How-to connect to text data using Microsoft ODBC¶
Querona allows you to connect to data sources using multiple technologies like ODBC, ADO.Net or JDBC. In this how-to, we will configure and use the Microsoft ODBC Text driver to connect to CSV and TSV text files.
ODBC driver has a hard limit of 256 columns in a file. If your file has more than 256 columns, the driver will return first 256 columns and ignore the rest.
This connector requires a driver to talk to the database. The required ODBC driver may be already installed on the machine hosting Querona. If the driver is not installed, the attempt to create the data source connection displays an error message. In such an event, please follow the installation instructions at ODBC.
For beginners, we recommend to read the quick-start article Connect to the data source(s).
Creating connection to the CSV files¶
The ODBC Text driver supports both delimited and fixed-width text files. A text file consists of an optional header line and zero or more text lines. For details, refer to Microsoft Text File Format documentation.
Assuming that your source text files are stored in the c:\data\csv folder, create the data source connection using the following settings:
|Dialect||Microsoft ODBC Text|
|Connection string||Driver=Microsoft Access Text Driver (*.txt, *.csv); Dbq=[ServerName]; FIL=text; DriverId=27; Extensions=csv,tsv,txt;|
Alternatively, you can use the connection string that utilizes the existing ODBC DSN, manually created using x64 version of ODBC Data Sources 64 bit in Windows. The DSN-connection string would be DSN=name-of-your-odbc-connection.
When specifying a folder path do not end it with a backslash character (\). If you do use trailing slash, no files will show up when your try to create a virtual database. This is the behaviour of the ODBC driver, not Querona’s.
Connection string properties that can be used are:
|DBQ||Designates targeted directory; for example, C:\data\csv.|
|DefaultDir||Default directory (working directory).|
|Description||An optional description of the data in the data source; for example, Hire date, salary history, and current review of all employees.|
|DSN||A name that identifies the data source, such as Sales or Personnel.|
|Extensions||Lists the file name extensions of the text files on the data source. To display files without extensions, *. must be added to the list.|
|HDR||Indicates that the first row of the file holds the name of the column. Possible values: YES, NO. Defaults to YES. Example usage: HDR=NO;|
|MaxBufferSize||Defaults to 2048.|
|MaxScanRows||The number of rows to scan to determine the data type of each column. The data type is determined given the maximum number of kinds of data found. If data is encountered that does not match the data type guessed for the column, the data type will be returned as a NULL value. For the Text driver, you may enter a number from 1 to 32767 for the number of rows to scan; however, the value will always default to 25. (A number outside the limit will return an error.)|
|ReadOnly||Designates the database as read-only. Possible values: YES, NO. Defaults to NO; for example, ReadOnly=YES;|
|FIL||Category of the data source. For text data source it is “text”.|
|DriverId||Id of the driver to use. For Text driver, it is 27.|
|UID||Id of the user.|
|PWD||The password corresponding to the user ID, or an empty string if there is no password for the user ID (PWD=;).|
|PageTimeout||Defaults to 5.|
|SafeTransactions||Defaults to 0.|
|Threads||Defaults to 3.|
When you’re ready, click the Test connection and Create to save your connection.
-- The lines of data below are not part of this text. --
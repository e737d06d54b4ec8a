-- ===== src/Paths/Glob.antt =====
-- path.Match of Go's standard library as `MatchesPattern` of pkg/paths/path.go uses it: only whether
-- it matched, so a malformed pattern matches nothing. Texts are ASCII here: Go reads runes.
use athens.Prelude.{
  ℕ, ◌==◌, nat_eq, Bool, true, false, ◌&&◌, ◌||◌, not, Option, none, some, List, [], ◌∷◌, ◌++◌, leb,
  if◌then◌else◌, Text, is_empty,
}

pub data Token : Type 0 where
  lit : ℕ → Token
  any star : Token
  class : Bool → List (ℕ × ℕ) → Token

-- Where the scanner stands: in a class it knows whether the class is negated, its ranges, and the
-- low end of a range that is open.
pub data ScanState : Type 0 where
  top escaped opened : ScanState
  inside inside_escaped : Bool → List (ℕ × ℕ) → ScanState
  after_low high high_escaped : Bool → List (ℕ × ℕ) → ℕ → ScanState

-- What stands in a class where a range or the closing bracket may begin.
in_class : Bool → List (ℕ × ℕ) → ℕ → Option (ScanState × List Token)
in_class neg rs c =
    if c == b']' && not (is_empty rs)
    then some (top, class neg rs ∷ [])
    else if c == b']' || c == b'-'
    then none
    else if c == 0x5c
    then some (inside_escaped neg rs, [])
    else some (after_low neg rs c, [])

unfoldable pub scan_byte : ScanState → ℕ → Option (ScanState × List Token)
unfolding in_class
scan_byte top c =
    if c == b'*'
    then some (top, star ∷ [])
    else if c == b'?'
    then some (top, any ∷ [])
    else if c == b'['
    then some (opened, [])
    else if c == 0x5c
    then some (escaped, [])
    else some (top, lit c ∷ [])
scan_byte escaped c = some (top, lit c ∷ [])
scan_byte opened c = if c == b'^' then some (inside true [], []) else in_class false [] c
scan_byte (inside neg rs) c = in_class neg rs c
scan_byte (inside_escaped neg rs) c = some (after_low neg rs c, [])
scan_byte (after_low neg rs lo) c =
    if c == b'-' then some (high neg rs lo, []) else in_class neg (rs ++ (lo, lo) ∷ []) c
scan_byte (high neg rs lo) c =
    if c == 0x5c
    then some (high_escaped neg rs lo, [])
    else if c == b'-' || c == b']'
    then none
    else some (inside neg (rs ++ (lo, c) ∷ []), [])
scan_byte (high_escaped neg rs lo) c = some (inside neg (rs ++ (lo, c) ∷ []), [])

unfoldable pub scan : ScanState → Text → Option (List Token)
unfolding scan_byte
scan top [] = some []
scan _ [] = none
scan mode (c ∷ s) = elim (scan_byte mode c) [
  | none ↦ none
  | some (next, out) ↦ elim (scan next s) [ none ↦ none | some more ↦ some (out ++ more) ]
]

in_ranges : List (ℕ × ℕ) → ℕ → Bool
in_ranges [] c = false
in_ranges ((lo, hi) ∷ rs) c = (leb lo c && leb c hi) || in_ranges rs c

token_matches : Token → ℕ → Bool
unfolding in_ranges
token_matches (lit a) c = a == c
token_matches any c = not (c == b'/')
token_matches star c = false
token_matches (class neg rs) c = if neg then not (in_ranges rs c) else in_ranges rs c

-- `matchChunk`: what is left of the name behind a chunk without stars.
unfoldable pub match_chunk : List Token → Text → Option Text
unfolding token_matches
match_chunk [] name = some name
match_chunk (t ∷ chunk) [] = none
match_chunk (t ∷ chunk) (c ∷ name) = if token_matches t c then match_chunk chunk name else none

-- A chunk with what it may skip before it, and whether it is the last: the name that goes on.
fits : Bool → Option Text → Option Text
fits last none = none
fits last (some []) = some []
fits last (some (c ∷ rest)) = if last then none else some (c ∷ rest)

unfoldable pub find_chunk : Bool → Bool → List Token → Text → Option Text
unfolding fits match_chunk
find_chunk last skips chunk [] = fits last (match_chunk chunk [])
find_chunk last skips chunk (c ∷ name) = elim (fits last (match_chunk chunk (c ∷ name))) [
  | some rest ↦ some rest
  | none ↦
      let later = find_chunk last skips chunk name in
      if skips && not (c == b'/') then later else none
]

-- The pattern cut at its stars: each chunk with whether stars stand before it.
unfoldable pub chunks : Bool → List Token → List Token → List (Bool × List Token)
chunks skips chunk [] = if is_empty chunk && not skips then [] else (skips, chunk) ∷ []
chunks skips chunk (star ∷ ts) =
    if is_empty chunk then chunks true [] ts else (skips, chunk) ∷ chunks true [] ts
chunks skips chunk (t ∷ ts) = chunks skips (chunk ++ t ∷ []) ts

has_slash : Text → Bool
has_slash [] = false
has_slash (c ∷ s) = c == b'/' || has_slash s

unfoldable pub match_chunks : List (Bool × List Token) → Text → Bool
unfolding find_chunk has_slash
match_chunks [] name = is_empty name
match_chunks ((skips, chunk) ∷ more) name =
    if skips && is_empty chunk
    then not (has_slash name)
    else elim (find_chunk (is_empty more) skips chunk name) [
      | none ↦ false
      | some rest ↦ match_chunks more rest
    ]

unfoldable pub glob : Text → Text → Bool
unfolding scan chunks match_chunks
glob pattern name = elim (scan top pattern) [
  | none ↦ false
  | some ts ↦ match_chunks (chunks false [] ts) name
]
If you need to define the format (schema) of a file, you need to create a DSN on the server and then use the “Define format” option in ODBC Manager GUI. It displays the Define Text Format dialog box and enables you to specify the schema for individual tables in the data source directory. Alternatively, you can manually create a schema.ini file and store it in the folder containing your text files. For details, please navigate to Microsoft Schema.ini file documentation and supported Text File Data Types.
You can now create a virtual database in a standard way, using the connection created. Next, perform the manual configuration of metadata described below.
Manual configuration of metadata¶
A manual modification of table metadata in Querona is required after you import metadata from ODBC.
Please follow these steps:
- Logon to Querona Admin Portal and navigate to the :term:’virtual database’ you created
- For each virtual table in the database perform the following actions:
- In the Summary click Edit
- In “Physical table name” field remove the schema name generated by the metadata importer; for example, change the [c:\datacsv].[my_file_name.csv] into [my_file_name.csv].
- If the field “Virtual table name” contains a hypen character (-) or dot (.), please remove it; for example, change the my_column-name.csv into my_column_name. ODBC driver does not accept aliases that contain a hypen nor dot character.
- Save your changes and verify that data is readable by clicking Preview data and Show data.